What you will do: In the entries below, find the line with "key.expires_at ≡ false)" and the line with "go none = tt". Return those two lines and all lines between them, exactly.
[Supplied material — start]
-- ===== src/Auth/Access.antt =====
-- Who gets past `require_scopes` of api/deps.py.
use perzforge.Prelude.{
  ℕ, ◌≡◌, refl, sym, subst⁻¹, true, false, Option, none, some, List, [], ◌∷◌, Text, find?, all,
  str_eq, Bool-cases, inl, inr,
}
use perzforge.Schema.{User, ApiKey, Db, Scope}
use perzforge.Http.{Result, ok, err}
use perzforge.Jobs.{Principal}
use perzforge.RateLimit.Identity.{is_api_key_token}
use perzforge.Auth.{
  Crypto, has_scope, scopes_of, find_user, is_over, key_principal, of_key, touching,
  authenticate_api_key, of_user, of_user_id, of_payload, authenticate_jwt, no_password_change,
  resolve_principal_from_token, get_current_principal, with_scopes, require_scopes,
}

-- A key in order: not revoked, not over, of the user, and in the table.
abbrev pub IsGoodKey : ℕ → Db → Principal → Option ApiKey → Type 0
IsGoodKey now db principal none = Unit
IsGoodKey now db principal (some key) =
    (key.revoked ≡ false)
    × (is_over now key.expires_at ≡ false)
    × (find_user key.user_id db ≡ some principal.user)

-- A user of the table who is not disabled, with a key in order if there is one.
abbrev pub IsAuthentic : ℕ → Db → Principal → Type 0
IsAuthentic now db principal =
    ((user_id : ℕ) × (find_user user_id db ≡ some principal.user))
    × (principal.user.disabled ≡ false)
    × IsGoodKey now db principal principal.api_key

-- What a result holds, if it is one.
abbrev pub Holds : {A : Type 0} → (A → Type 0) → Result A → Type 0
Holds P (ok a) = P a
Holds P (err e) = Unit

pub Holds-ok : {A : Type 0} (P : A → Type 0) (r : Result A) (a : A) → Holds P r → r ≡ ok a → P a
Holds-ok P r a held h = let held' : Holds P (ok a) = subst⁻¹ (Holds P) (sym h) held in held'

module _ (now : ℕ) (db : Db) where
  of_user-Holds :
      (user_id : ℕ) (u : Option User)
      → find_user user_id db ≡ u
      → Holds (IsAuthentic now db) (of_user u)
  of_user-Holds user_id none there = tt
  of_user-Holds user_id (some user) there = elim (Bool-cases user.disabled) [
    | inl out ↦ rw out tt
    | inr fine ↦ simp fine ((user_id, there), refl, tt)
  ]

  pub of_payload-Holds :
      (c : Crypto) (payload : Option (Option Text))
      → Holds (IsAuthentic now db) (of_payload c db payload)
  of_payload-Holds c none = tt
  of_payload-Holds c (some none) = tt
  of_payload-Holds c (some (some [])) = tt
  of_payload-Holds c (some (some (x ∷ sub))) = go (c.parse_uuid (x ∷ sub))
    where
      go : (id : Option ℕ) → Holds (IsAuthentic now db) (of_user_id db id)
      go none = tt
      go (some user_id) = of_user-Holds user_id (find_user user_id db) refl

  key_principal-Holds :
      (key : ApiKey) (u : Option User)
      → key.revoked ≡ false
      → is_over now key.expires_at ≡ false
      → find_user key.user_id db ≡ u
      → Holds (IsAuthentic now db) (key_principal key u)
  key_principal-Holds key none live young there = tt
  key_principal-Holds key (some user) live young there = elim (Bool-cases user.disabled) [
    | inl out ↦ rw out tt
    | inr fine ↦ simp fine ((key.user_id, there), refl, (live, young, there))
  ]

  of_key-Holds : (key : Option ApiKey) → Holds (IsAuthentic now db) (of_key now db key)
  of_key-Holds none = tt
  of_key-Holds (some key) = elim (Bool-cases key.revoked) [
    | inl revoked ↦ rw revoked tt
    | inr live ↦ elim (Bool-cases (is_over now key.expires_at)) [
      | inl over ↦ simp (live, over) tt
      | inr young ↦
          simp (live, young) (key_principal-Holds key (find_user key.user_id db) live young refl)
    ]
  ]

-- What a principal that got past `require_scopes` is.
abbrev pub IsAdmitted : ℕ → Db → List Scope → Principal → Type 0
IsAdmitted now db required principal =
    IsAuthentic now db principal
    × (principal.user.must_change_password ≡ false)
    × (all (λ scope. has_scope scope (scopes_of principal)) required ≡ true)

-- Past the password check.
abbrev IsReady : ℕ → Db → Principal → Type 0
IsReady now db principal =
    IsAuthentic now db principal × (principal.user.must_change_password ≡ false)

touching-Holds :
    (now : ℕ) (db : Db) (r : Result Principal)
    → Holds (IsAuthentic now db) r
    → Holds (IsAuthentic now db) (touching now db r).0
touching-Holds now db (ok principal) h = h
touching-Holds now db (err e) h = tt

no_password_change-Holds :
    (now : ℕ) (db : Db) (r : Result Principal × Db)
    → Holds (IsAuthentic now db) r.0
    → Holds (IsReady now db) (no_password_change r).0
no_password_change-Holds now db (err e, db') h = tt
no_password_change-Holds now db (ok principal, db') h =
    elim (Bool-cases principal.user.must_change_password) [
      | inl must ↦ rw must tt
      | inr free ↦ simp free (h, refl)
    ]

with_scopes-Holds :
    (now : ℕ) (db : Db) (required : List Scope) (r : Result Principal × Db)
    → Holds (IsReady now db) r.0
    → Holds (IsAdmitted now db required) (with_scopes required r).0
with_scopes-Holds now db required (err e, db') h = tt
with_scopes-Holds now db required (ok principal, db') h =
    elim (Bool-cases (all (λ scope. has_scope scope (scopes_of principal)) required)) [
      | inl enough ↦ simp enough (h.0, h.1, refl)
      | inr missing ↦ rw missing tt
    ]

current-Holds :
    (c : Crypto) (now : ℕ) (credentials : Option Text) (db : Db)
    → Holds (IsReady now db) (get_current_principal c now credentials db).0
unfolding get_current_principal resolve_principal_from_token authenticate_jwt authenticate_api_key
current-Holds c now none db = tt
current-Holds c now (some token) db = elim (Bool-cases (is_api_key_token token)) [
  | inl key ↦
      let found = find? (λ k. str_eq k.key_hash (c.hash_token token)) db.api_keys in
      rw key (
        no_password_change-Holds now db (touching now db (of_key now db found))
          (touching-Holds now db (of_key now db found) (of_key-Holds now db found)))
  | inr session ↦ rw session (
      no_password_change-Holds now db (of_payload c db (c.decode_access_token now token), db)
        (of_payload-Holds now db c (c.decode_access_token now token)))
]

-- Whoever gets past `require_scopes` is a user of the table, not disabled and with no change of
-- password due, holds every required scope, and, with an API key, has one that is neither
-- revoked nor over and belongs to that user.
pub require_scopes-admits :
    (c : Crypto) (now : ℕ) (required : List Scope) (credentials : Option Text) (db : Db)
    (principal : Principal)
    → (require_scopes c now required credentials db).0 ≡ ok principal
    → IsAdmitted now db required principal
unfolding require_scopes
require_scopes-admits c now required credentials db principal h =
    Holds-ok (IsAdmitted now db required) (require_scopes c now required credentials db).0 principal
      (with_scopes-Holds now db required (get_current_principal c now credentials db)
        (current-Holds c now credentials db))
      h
[Supplied material — finish]
Result of the exercise:
    × (is_over now key.expires_at ≡ false)
    × (find_user key.user_id db ≡ some principal.user)

-- A user of the table who is not disabled, with a key in order if there is one.
abbrev pub IsAuthentic : ℕ → Db → Principal → Type 0
IsAuthentic now db principal =
    ((user_id : ℕ) × (find_user user_id db ≡ some principal.user))
    × (principal.user.disabled ≡ false)
    × IsGoodKey now db principal principal.api_key

-- What a result holds, if it is one.
abbrev pub Holds : {A : Type 0} → (A → Type 0) → Result A → Type 0
Holds P (ok a) = P a
Holds P (err e) = Unit

pub Holds-ok : {A : Type 0} (P : A → Type 0) (r : Result A) (a : A) → Holds P r → r ≡ ok a → P a
Holds-ok P r a held h = let held' : Holds P (ok a) = subst⁻¹ (Holds P) (sym h) held in held'

module _ (now : ℕ) (db : Db) where
  of_user-Holds :
      (user_id : ℕ) (u : Option User)
      → find_user user_id db ≡ u
      → Holds (IsAuthentic now db) (of_user u)
  of_user-Holds user_id none there = tt
  of_user-Holds user_id (some user) there = elim (Bool-cases user.disabled) [
    | inl out ↦ rw out tt
    | inr fine ↦ simp fine ((user_id, there), refl, tt)
  ]

  pub of_payload-Holds :
      (c : Crypto) (payload : Option (Option Text))
      → Holds (IsAuthentic now db) (of_payload c db payload)
  of_payload-Holds c none = tt
  of_payload-Holds c (some none) = tt
  of_payload-Holds c (some (some [])) = tt
  of_payload-Holds c (some (some (x ∷ sub))) = go (c.parse_uuid (x ∷ sub))
    where
      go : (id : Option ℕ) → Holds (IsAuthentic now db) (of_user_id db id)
      go none = tt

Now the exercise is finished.